# Persian: بیار



## liliwangwang

This is a word from a poem of khayyam's. the line goes as
"ای ساقی بشکفت شکوفه _می بیار_ "
I cant find this word in the dictionary under ب or ی. Google translation told me it means “bring”, I just dont see how comes?

thank you!


----------



## Qureshpor

From the verb "aavardan" to bring  > aavard (past stem) > aar (present stem)

bi + aar = biyaar

I would have written the above as:

ای ساقی بشگفت شگوفھ می بیار


----------



## sb70012

liliwangwang said:


> This is a word from a poem of khayyam's. the line goes as
> "ای ساقی بشکفت شکوفه _می بیار_ "
> I cant find this word in the dictionary under ب or ی. Google translation told me it means “bring”, I just dont see how comes?
> 
> thank you!


Hello,
I couldn't find the poem. Could you find it on Google and give us the link so that we can have look at it and
tell you what that is?


----------



## liliwangwang

Qureshpor said:


> From the vern "aavardan" to bring  > aavard (past stem) > aar (present stem)
> 
> bi + aar = biyaar
> 
> I would have written the above as:
> 
> ای ساقی بشگفت شگوفھ می بیار



o! thank you for your quick reply! so it's combined as:
ی+به+present stem آور
آور=آر? 

thank you!


----------



## sb70012

Liliwang, give us a link so that we can have look at the whole poem.
What's the title of the poem?


----------



## liliwangwang

sb70012 said:


> Hello,
> I couldn't find the poem. Could you find it on Google and give us the link so that we can have look at it and
> tell you what that is?


Sorry, I actually quoted it from Edward Heron-Allen's book _Edward FitzGerald’s Rubâ’iyât of Omar Khayyâm with Their Original Persian Sources，_this is the VII.

There are two lines:
 بشگفت شگوفھ می بیار ای ساقی
دست از عمر ز هد بدار ای  ساقی


----------



## sb70012

This doesn't make sense to me: ای ساقی بشکفت شکوفه _می بیار
I think you have mistyped it. I also searched for it on Google. We do not have such a part in Persian poems.
_



liliwangwang said:


> بشگفت شگوفھ می بیار ای ساقی
> دست از عمر ز هد بدار ای  ساقی


Doesn't make sense to me. No poem like that exists.
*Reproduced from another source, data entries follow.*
-- ===== src/Graph/Streams/Releases.antt =====
-- What `runLinearStream` opens is closed: by a concatenator, by its cleanup on an error, or by its reader.
use llm_agent_flow.Base.{
  arith, String, Bool, true, false, not, ◌&&◌, ◌≡◌, refl, Option, none, some, List, [], ◌∷◌, All,
  Result, ok, err, Bool-cases, inl, inr, if◌then◌else◌,
}
use llm_agent_flow.V2.Errors.{Run}
use llm_agent_flow.V2.Value.{Value}
use llm_agent_flow.Graph.Types.{GoType, Reflect, asserts}
use llm_agent_flow.Graph.Chain.{PipelineNode, check_folders, no_concatenator}
use llm_agent_flow.Graph.Streams.{
  Source, Streams, close_stream, Concatenators, Lookup, found, missing, lookup_panicked, is_found,
  lookup_concat,
}
use llm_agent_flow.Graph.Streams.Linear.{
  Carrier, value, stream, StreamError, lookup_panic, no_concatenator as no_folder, Flowing,
  close_if_live, Reader, boxed, folding, run_pipeline_node, run_pipeline, finish_tail,
  run_linear_stream,
}
use llm_agent_flow.Graph.Streams.Lookups.{AllClosed, Closes, FoundCloses, lookup_concat-FoundCloses}
use llm_agent_flow.Graph.Streams.Steps.{
  ClosedBut, Held, StreamsOnly, After, and_then-After, Foldable, Passed, run_pipeline_node-After,
}
use llm_agent_flow.Graph.Streams.Readers.{
  ReaderCall, answer, answers, answer-Folds, answers-AllClosed, answer-AllClosed,
}

module _ (reflect : Reflect) (type_of : Value → Option GoType) (registry : Concatenators)
    (model_stream : String → Value → Run Source) (all : All (λ p. Closes p.1) registry) where
  abbrev has_folder : Option GoType → Bool
  has_folder t = is_found (lookup_concat reflect registry t)

  -- The type that the next node, or the end, wants.
  abbrev wanted : GoType → List PipelineNode → Option GoType
  wanted out_t [] = some out_t
  wanted out_t (n ∷ ns) = n.in_t

  unguarded :
      {E : Type 0} (b : Bool) (e : E) (m : Result E (Unit {0}))
      → (if b then err e else m) ≡ ok tt
      → (b ≡ false) × (m ≡ ok tt)
  unguarded true e m h = cc
  unguarded false e m h = (refl, h)

  check_folders-Foldable :
      (out_t : GoType) (n : PipelineNode) (ns : List PipelineNode) (carrier : Carrier)
      → check_folders has_folder out_t (n ∷ ns) ≡ ok tt
      → StreamsOnly carrier n.streams
      → Foldable reflect type_of registry model_stream all carrier (wanted out_t ns)
        × (check_folders has_folder out_t ns ≡ ok tt)
  unfolding check_folders
  check_folders-Foldable out_t n [] (value v) h streams = (tt, refl)
  check_folders-Foldable out_t n [] (stream i t) h streams =
      let (checked, _) =
        unguarded (n.streams && not (has_folder (some out_t))) (no_concatenator n.id (some out_t))
          (ok tt) h in
      (ground arith, refl)
  check_folders-Foldable out_t n (m ∷ ms) (value v) h streams =
      (tt, (unguarded (n.streams && not (has_folder m.in_t)) (no_concatenator n.id m.in_t) _ h).1)
  check_folders-Foldable out_t n (m ∷ ms) (stream i t) h streams =
      let (checked, rest) =
        unguarded (n.streams && not (has_folder m.in_t)) (no_concatenator n.id m.in_t)
          (check_folders has_folder out_t (m ∷ ms)) h in
      (ground arith, rest)

  run_pipeline-After :
      (out_t : GoType) (ns : List PipelineNode) (carrier : Carrier) (fl : Flowing)
      → ClosedBut carrier fl.streams
      → Held carrier fl
      → Foldable reflect type_of registry model_stream all carrier (wanted out_t ns)
      → check_folders has_folder out_t ns ≡ ok tt
      → After
          (λ c after.
            ClosedBut c after.streams
            × Foldable reflect type_of registry model_stream all c (some out_t))
          (run_pipeline reflect type_of registry model_stream ns carrier fl)
  unfolding run_pipeline
  run_pipeline-After out_t [] carrier fl but held foldable checked = (but, foldable)
  run_pipeline-After out_t (n ∷ ns) carrier fl but held foldable checked =
      and_then-After (Passed reflect type_of registry model_stream all n.streams) _
        (run_pipeline_node reflect type_of registry model_stream n carrier)
        (run_pipeline reflect type_of registry model_stream ns) fl
        (run_pipeline_node-After reflect type_of registry model_stream all n carrier fl but held
          foldable)
        (λ c after passed.
          let (fold, rest) = check_folders-Foldable out_t n ns c checked passed.2 in
          run_pipeline-After out_t ns c after passed.0 passed.1 fold rest)

module _ (reflect : Reflect) (type_of : Value → Option GoType) (out_t : GoType) where
  -- A reader, and any calls of it, the first included.
  abbrev pub Released : Result StreamError Reader × Streams → Type 0
  Released (err e, s) = AllClosed s
  Released (ok r, s) =
      (c : ReaderCall) (cs : List ReaderCall)
      → AllClosed (answers reflect type_of out_t (c ∷ cs) r s).1

  module _ (registry : Concatenators) (model_stream : String → Value → Run Source)
      (all : All (λ p. Closes p.1) registry) where
    finish_tail-Released :
        (carrier : Carrier) (s : Streams)
        → ClosedBut carrier s
        → Foldable reflect type_of registry model_stream all carrier (some out_t)
        → Released (finish_tail reflect type_of registry model_stream out_t carrier s)
    unfolding finish_tail answers
    finish_tail-Released (value v) s closed foldable =
        elim (Bool-cases (asserts reflect (type_of v) out_t)) [
          | inl h ↦
              rw (Released, h)
                (λ c cs.
                  answers-AllClosed reflect type_of out_t cs
                    (answer reflect type_of out_t c (boxed v false false) s).0
                    (answer reflect type_of out_t c (boxed v false false) s).1
                    (answer-Folds reflect type_of out_t c (boxed v false false) s tt)
                    (answer-AllClosed reflect type_of out_t c (boxed v false false) s tt closed))
          | inr h ↦ rw (Released, h) closed
        ]
    finish_tail-Released (stream i t) s but foldable =
        taken (lookup_concat reflect registry (some out_t)) foldable
          (lookup_concat-FoundCloses reflect registry (some out_t) all)
      where
        taken :
            (l : Lookup)
            → is_found l ≡ true
            → FoundCloses l
            → Released (elim l [
              | found f ↦ (ok (folding i f false false), s)
              | missing ↦ (err (no_folder (some out_t)), close_stream i s)
              | lookup_panicked ↦ (err lookup_panic, s)
            ])
        taken (found f) h closes = λ c cs.
            answers-AllClosed reflect type_of out_t cs
              (answer reflect type_of out_t c (folding i f false false) s).0
              (answer reflect type_of out_t c (folding i f false false) s).1
              (answer-Folds reflect type_of out_t c (folding i f false false) s closes)
              (answer-AllClosed reflect type_of out_t c (folding i f false false) s closes
                (refl, refl, λ t. but))
        taken missing h closes = absurd (ground arith)
        taken lookup_panicked h closes = absurd (ground arith)

    -- A chain whose stream edges and tail have concatenators, all of which close their stream, is run on from
    -- streams that are closed. If the run fails, every stream that it opened is closed; if it gives a reader,
    -- every stream is closed after the reader's first call, and after all further ones.
    pub run_linear_stream-Released :
        (nodes : List PipelineNode) (input : Value) (s : Streams)
        → check_folders (λ t. is_found (lookup_concat reflect registry t)) out_t nodes ≡ ok tt
        → AllClosed s
        → Released (run_linear_stream reflect type_of registry model_stream out_t nodes input s)
    unfolding run_linear_stream
    run_linear_stream-Released nodes input s checked closed =
        tailed
          (run_pipeline reflect type_of registry model_stream nodes (value input)
            (record { live = none; streams = s }))
          (run_pipeline-After reflect type_of registry model_stream all out_t nodes (value input)
            (record { live = none; streams = s }) closed refl tt checked)
      where
        tailed :
            (r : Result StreamError Carrier × Flowing)
            → After {A = Carrier}
                (λ c after.
                  ClosedBut c after.streams
                  × Foldable reflect type_of registry model_stream all c (some out_t))
                r
            → Released (elim r.0 [
              | err e ↦ (err e, close_if_live r.1)
              | ok carrier ↦
                  finish_tail reflect type_of registry model_stream out_t carrier r.1.streams
            ])
        tailed (err e, fl) held = held
        tailed (ok carrier, fl) held = finish_tail-Released carrier fl.streams held.0 held.1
I will download the book you just told me in post #6 and see what it is.
_Edward FitzGerald’s Rubâ’iyât of Omar Khayyâm with Their Original Persian
Note: Capitalize the letter (i) = (I)
_


----------



## liliwangwang

The translator translated these two lines as
_The flowers are blooming, bring wine, O Saki, 
Abandon the practices of the zealot, O Saki._
I cant find khayyam's "original"...


----------



## liliwangwang

http://www.omarkhayyamnederland.com/translators/english/e-heron-allen---1898/index.html 
*Edward FitzGerald's Rubáiyát of Omar Khayyám. With their original Persian sources collated from his own MSS., and literally translated by Edward Heron-Allen. London, Quaritch, 1899. xvi, 164 pp. 
i did mistype one word"*عمل" in the second line...


----------



## sb70012

liliwangwang said:


> "ای ساقی بشکفت شکوفه _می بیار_ "
> I cant find this word in the dictionary under ب or ی. Google translation told me it means “bring”, I just dont see how comes?


Hello again,
I couldn't find it but let me analyze it to you.
Bring = بیاور (Formal)
Bring = بیار (Informal)
Both are correct but the second one is more used than the first one.
Here in Iran, we usually use the second one (بیار)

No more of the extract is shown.